This Pumpkin Bread Pudding is rich and delicious. It is made with croissants which creates a dish that melts in your mouth in delicious flaky layers. It has a wonderful pumpkin fall flavor and is topped with a delicious caramel sauce.
One of my ALL TIME FAVORITE recipes on the blog is the BEST EVER Croissant Bread Pudding. It is a crowd pleaser and and absolute stunning recipe. Everyone who tries it is RAVES about it. I decided it was time for a fall remix on the recipe and this new recipe is a HUGE HIT!
After eating croissant bread pudding I can’t imagine using any other bread. The croissant brings flaky layers and an absolute delicious texture to the recipe. With pumpkin in the milk/egg mixture, it brings fall to life in each and every bite. The Brown Sugar Syrup is the perfect finishing touch and really ties the recipe together.
- 10 cups croissants, cut into 1 inch cubes
- ¾ cup heavy cream
- 15 ounces pumpkin puree
- ½ cup sugar
- 1 cup brown sugar
- 6 eggs
- 1¼ cups whole milk
- 2 Tablespoon maple syrup
- 1 Tablespoon vanilla
- 1 teaspoon cinnamon
- ½ teaspoon salt
- ½ cup butter
- ¾ cup brown sugar
- ½ cup buttermilk
- 1 teaspoon baking soda
- 1 teaspoon vanilla
- Spray a 9x13 inch baking dish with cooking spray.
- Place cubed croissants in the baking dish.

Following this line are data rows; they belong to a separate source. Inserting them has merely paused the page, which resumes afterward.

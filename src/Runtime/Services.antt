-- ===== src/Runtime/Services.antt =====
-- What the jobs of runtime.py call outside the daemon: the broker, the alerts, the store, the cache.
use squeeze_hunter.Prelude.{ℕ, Bool, Option, List, Outcome}
use squeeze_hunter.Prelude.Dict.{Dict}
use squeeze_hunter.Broker.{Ticker, Time}
use squeeze_hunter.Calendar.{Zone}
use squeeze_hunter.Data.{Bar, Date}
use squeeze_hunter.Ingest.{Dataset, FreshnessStamp}
use squeeze_hunter.Risk.Gates.{GateContext}
use squeeze_hunter.Risk.Killswitch.{KillReason}
use squeeze_hunter.Risk.Killswitch.Controller.{KillswitchCfg}
use squeeze_hunter.Risk.Stops.{StopParams}
use squeeze_hunter.Execution.Orders.Snapshot.{IsoFormat}
use squeeze_hunter.Execution.Proposals.{EntryDecision, Candidate, EntrySettings}
use squeeze_hunter.Execution.Reconcile.{Drift}
use squeeze_hunter.Execution.Lifecycle.{BrokerCalls}
use squeeze_hunter.Execution.Entries.{EntryCfg}
use squeeze_hunter.Runtime.{RuntimeSnapshot}

pub data Occasion : Type 0 where
  startup tick eod : Occasion

module _ (F : Type 0) where
  -- A data set that is too old, or was never ingested, with its budget in days.
  pub data Problem : Type 0 where
    never_ingested : Dataset → F → Problem
    too_old : Dataset → F → F → Problem

  -- The texts that are sent.
  pub data Alert : Type 0 where
    killswitch_tripped : Option KillReason → Time → Alert
    reconciled : Occasion → List Drift → Alert
    entries_refused : List Problem → Alert

  -- What the jobs read of the settings. The magnitudes of the stops are settings.stops, in which the
  -- trailing ones are negative.
  pub record RuntimeCfg : Type 0 where
    pub stops : StopParams F
    pub killswitch : KillswitchCfg F
    pub cooldown_days : ℕ
    pub execution : EntryCfg F
    pub auto_enter : Bool
    pub entry : EntrySettings F
    pub budgets : Dict F
    pub critical_datasets : List Dataset
    pub require_fresh_for_entries : Bool

-- A service that may be missing is an option. `simulated` says that the broker is the simulator, which
-- alone is marked to the market.
pub record Services (F Stamp W : Type 0) : Type 0 where
  pub broker : BrokerCalls F W
  pub health : W → Outcome Bool × W
  pub simulated : Bool
  pub mark_to_market : Dict F → Time → W → W
  pub send : Option (Alert F → W → Outcome (Unit {0}) × W)
  pub save : Option (RuntimeSnapshot F Stamp → W → Outcome (Unit {0}) × W)
  pub load : W → Outcome (Option (RuntimeSnapshot F Stamp)) × W
  pub run_scan : Time → W → Outcome (List (Candidate F)) × W
  pub fetch_bars : Ticker → Time → Time → Outcome (List (Bar F))
  pub gate_context : Time → Outcome (GateContext F)
  pub append_decisions : Time → List (EntryDecision F) → W → Outcome (Unit {0}) × W
  pub read_freshness : W → Dict (FreshnessStamp Stamp) × W
  pub zone : Zone
  pub holidays : List Date
  pub bdays : Time → Time
  pub datetimes : IsoFormat Stamp
  pub dates : IsoFormat Stamp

- In a large mixing bowl, combine cream, pumpkin puree, sugar, brown sugar, eggs, milk, syrup, vanilla, cinnamon, and salt. Mix well.
- Pour over the croissants.
- Refrigerate for at least 4 hours or overnight.
- Preheat oven to 350 degrees F.
- Bake for 40 to 50 minutes or until the pudding puffs up in the middle and egg mixture is cooked through.
- Serve with brown sugar syrup.
- In a medium sauce pan combine butter, brown sugar, and buttermilk. Cook over medium high heat until mixture come to a boil.
- Remove from heat and stir in baking soda and vanilla.